Carbohydrates are a source of cheap energy, but the ability of aquatic organisms, including shrimp to utilize limited. This is due to lack of ability to digest and regulate plasma glucose concentrations. The low digestibility of carbohydrates associated with the availability of the enzyme α-amylase, whereas low concentrations of plasma glucose regulation allegedly caused by a deficiency of the hormone insulin. The results showed that the digestibility of carbohydrates by white shrimp juvenile increases with increasing feeding frequency. Despite this feeding frequency four and six times a day gives the same response. This is in line with research that the continuous feeding may increase the use of carbohydrates and increase fat reserves through increased lipogenesis process. In addition to the feeding frequency more frequently, the possibility of higher feed can be consumed, so the rest of which will feed into the cultivation medium, which in turn will affect the water quality can be elimination. It is seen from ammonia –N excretion were lower in the feeding frequency four times in this study.
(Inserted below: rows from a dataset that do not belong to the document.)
-- ===== src/Errors.antt =====
-- The errors that the daemon's Go code returns, one constructor for each message, with its values.
-- An `error` is an `Option Error`, and `nil` is `none`.
use embd_project.Prelude.{ℕ, String, ◌≡◌, refl, ◌⊎◌, inl, inr}

pub data Error : Type 0 where
  -- common/message/message.go
  unknown_message_type : String → Error
  converter_unknown_type : ℕ → Error
  queue_shutting_down : String → String → Error
  queue_not_empty : String → String → ℕ → Error
  queue_not_shut_down : String → String → Error
  -- common/messagerouter/messagerouter.go
  no_entry_for_node : String → Error
  -- pkg/machine/machine.go
  none_specified : Error
  already_running : String → Error
  no_adaptor : String → Error
  not_found : String → String → Error
  controller_not_found : String → Error
  -- `Error(s): %s, %s`: the operation's error, the snapshot's, or both
  op_failed : Error → Error
  snapshot_failed : Error → Error
  both_failed : Error → Error → Error
  -- daemon/daemon
  no_machine : String → Error
  machine_exists : String → Error
  no_directory : Error → Error
  -- common/types/errors.go and the factories
  unknown_kind : Error
  -- the `ValidateConf` methods
  no_kind : Error
  no_name : Error
  wrong_kind : String → Error
  unknown_qualifier : String → Error
  no_host invalid_port no_key_files no_plugin : Error
  -- pkg/option/option.go
  unknown_option : String → Error
  immutable_option : Error
  invalid_option_value : String → Error
  -- plugins/rf24networknode/rf24networknodebackend/rfhook.go
  external_format_failed marshal_failed : Error → Error
  write_failed : Error
  -- plugins/rf24networknode/rf24networknode.go
  no_id : Error
  invalid_address invalid_heartbeat : ℕ → Error
  -- common/procwatcher/procwatcher.go
  process_does_not_exist unknown_process process_exists no_such_file : Error
  process_not_running : String → Error
  -- daemon/server and common/client
  no_variable : String → Error
  getting_failed : Error → Error
  connection_failed : Error
  -- what code outside the repository returned
  external : String → Error

-- A value and an `error`, of which the caller reads one.
pub data Result {ℓ} (A : Type ℓ) : Type ℓ where
  ok : A → Result A
  err : Error → Result A

-- `if err != nil { return err }` and the rest.
abbrev pub then_do {ℓ κ} : {A : Type ℓ} {B : Type κ} → Result A → (A → Result B) → Result B
then_do (ok a) f = f a
then_do (err e) f = err e

pub Result-cases {ℓ} :
    {A : Type ℓ} (r : Result A) → ((a : A) × (r ≡ ok a)) ⊎ ((e : Error) × (r ≡ err e))
Result-cases (ok a) = inl (a, refl)
Result-cases (err e) = inr (e, refl)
The ability to use carbohydrates as an energy source varies between fish, shrimp, and terrestial animals. The use of carbohydrate by fish and shrimp are less efficient than terrestial animals . The use of hot water in the manufacture of pellets was also influential, as it is known that carbohydrates are gelatinized, which increases the digestibility of shrimp [14-16]. The results showed that an increase in starch gelatinization for commercial feed manufacturing is expected to have a positive effect on digestibility . Carbohydrates and lipids are important nutritional components in food shrimp . From a practical standpoint, it is worth understanding how carbohydrates are used to provide information in design a better feed for the different growth phases of the shrimp.
The results of the study  showed that salinity variations do not affect the digestibility of carbohydrates and lipids by white shrimp juvenile on the container control. The quantity and quality of waste excreted by shrimp depends on consumption, digestion, and metabolism of the compound feed [18,19] reported that the highest energy of feed consumed by white shrimp juvenile Litopenaeus vannamei was obtained when the salinity of the water is maintained at 26 ppt. White shrimp reared in low salinity shown to promote the growth and survival by adjusting the level of nutrients in the feed [20,21]. When the shrimp are exposed to low salinity, shrimp should resist the loss of Na + and Cl- by the active uptake of Na + from the water in exchange for H+, which occurs in the apical membrane of the cell osmoregulatory to increase capacity osmoregulatory [22-24].
During the ongoing research of water quality parameter values remain at the limit eligibility for the growth and survival of white shrimp juvenile especially salinity was maintained in the range of 20 ppt. The values of physical parameters of the water quality is within acceptable limits for maintenance indoor shrimp production .
Based on the research that has been done can be concluded that the best level of carbohydrate feed was 38% with a feeding frequency four times a day. Level of 38% carbohydrate feed produces the highest specific growth rate and high carbohydrate digestibility.